- Problem -
Transcribe the data below verbatim from the line with "(λ j ready e." to the line with "run_prover_once-Settled w now". Include both of those lines.

- Source material -
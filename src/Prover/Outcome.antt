-- ===== src/Prover/Outcome.antt =====
-- What becomes of a job that the prover has claimed.
use shade.Shared.{ℕ, String, true, ◌≡◌, ◌≢◌, refl, ◌⊎◌, inl, inr, some, All-map}
use shade.Shared.Results.{Result, ok, err, running}
use shade.Shared.State.{◌>>=◌, pure, modify, Holds, Ensures, >>=-Ensures, >>=-after}
use shade.Queue.{ServiceJob, claim_next, complete, fail}
use shade.Queue.Reported.{OnRow, update_job-OnRow, IsFailed, fail-IsFailed}
use shade.Proving.{Tools}
use shade.Prover.{
  ProofPayload, ProofResult, World, proof_job_types, tag_of, process_proof_job, settle_job,
  run_prover_once,
}
use shade.Prover.Verified.{IsVerified, prove_job-IsVerified}

module _ (tools : Tools) (scratch : String) where
  -- The row shows a proof that has verified.
  abbrev pub IsReady : ServiceJob ProofPayload ProofResult → Type 0
  IsReady j =
      (j.status ≡ "ready") × (r : ProofResult) × (j.result ≡ some r) × IsVerified tools scratch r

  abbrev Completed : String → ProofResult → World → Type 0
  Completed id r w = OnRow IsReady id w.tables.jobs

  complete-Completed :
      (id : String) (r : ProofResult)
      → IsVerified tools scratch r
      → Ensures
          (λ (x : ProofResult) w. Completed id r w)
          (modify (λ (w : World). record w { tables = complete w.tables id r "ready" }) >>= λ _.
            pure r)
  unfolding ◌>>=◌ complete
  complete-Completed id r v w _ =
      update_job-OnRow IsReady id _ w.tables.jobs (λ j. (refl, r, refl, v))

  process_proof_job-Completed :
      (j : ServiceJob ProofPayload ProofResult)
      → Ensures
          (λ (x : ProofResult) w. OnRow IsReady j.job_id w.tables.jobs)
          (process_proof_job tools scratch j)
  unfolding process_proof_job
  process_proof_job-Completed j = >>=-after R _ _ λ coin. >>=-after R _ _ λ _. >>=-after R _ _ λ _.
      >>=-Ensures (IsVerified tools scratch) R _ _
        (prove_job-IsVerified tools scratch j.payload (tag_of tools scratch j) coin j.job_id
          j.job_type)
        λ result verified.
          >>=-after R _ _ λ _. >>=-after R _ _ λ _. complete-Completed j.job_id result verified
    where
      R : ProofResult → World → Type 0
      R x w = OnRow IsReady j.job_id w.tables.jobs

  abbrev pub IsSettled : ServiceJob ProofPayload ProofResult → Type 0
  IsSettled j = IsReady j ⊎ IsFailed j

  settle_job-Settled :
      (id : String) (now : ℕ) (r : Result ProofResult) (w : World)
      → r ≢ running
      → Holds (λ (x : ProofResult) s. OnRow IsReady id s.tables.jobs) (r, w)
      → OnRow IsSettled id (settle_job tools scratch id now (r, w)).tables.jobs
  settle_job-Settled id now (ok r) w n h =
      All-map (λ j. j.job_id ≡ id → IsReady j) (λ j. j.job_id ≡ id → IsSettled j)
        (λ j ready e. inl (ready e)) w.tables.jobs h
  settle_job-Settled id now (err e) w n h =
      All-map (λ j. j.job_id ≡ id → IsFailed j) (λ j. j.job_id ≡ id → IsSettled j)
        (λ j failed e. inr (failed e)) (fail w.tables id e now 10).jobs
        (fail-IsFailed w.tables id e now 10)
  settle_job-Settled id now running w n h = absurd (n refl)

  -- A job that a turn of the prover claims, and whose tools come to an end, is left `ready` with a result
  -- that shows a proof which has verified, or `failed` or `failed_retry`.
  pub run_prover_once-Settled :
      (w : World) (now : ℕ) (j : ServiceJob ProofPayload ProofResult)
      → let (claim, tables) = claim_next w.tables "prover" proof_job_types now in
        claim ≡ some j
        → (process_proof_job tools scratch j (record w { tables = tables })).0 ≢ running
        → ((run_prover_once tools scratch w now).0 ≡ true)
          × OnRow IsSettled j.job_id (run_prover_once tools scratch w now).1.tables.jobs
  unfolding run_prover_once
  run_prover_once-Settled w now j e n =
      let before : World = record w {
        tables = (claim_next w.tables "prover" proof_job_types now).1;
      } in
      let after = process_proof_job tools scratch j before in
      rw (e, run_prover_once)
        (
          refl,
          settle_job-Settled j.job_id now after.0 after.1 n
              (process_proof_job-Completed j before tt),
        )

- Answer -
        (λ j ready e. inl (ready e)) w.tables.jobs h
  settle_job-Settled id now (err e) w n h =
      All-map (λ j. j.job_id ≡ id → IsFailed j) (λ j. j.job_id ≡ id → IsSettled j)
        (λ j failed e. inr (failed e)) (fail w.tables id e now 10).jobs
        (fail-IsFailed w.tables id e now 10)
  settle_job-Settled id now running w n h = absurd (n refl)

  -- A job that a turn of the prover claims, and whose tools come to an end, is left `ready` with a result
  -- that shows a proof which has verified, or `failed` or `failed_retry`.
  pub run_prover_once-Settled :
      (w : World) (now : ℕ) (j : ServiceJob ProofPayload ProofResult)
      → let (claim, tables) = claim_next w.tables "prover" proof_job_types now in
        claim ≡ some j
        → (process_proof_job tools scratch j (record w { tables = tables })).0 ≢ running
        → ((run_prover_once tools scratch w now).0 ≡ true)
          × OnRow IsSettled j.job_id (run_prover_once tools scratch w now).1.tables.jobs
  unfolding run_prover_once
  run_prover_once-Settled w now j e n =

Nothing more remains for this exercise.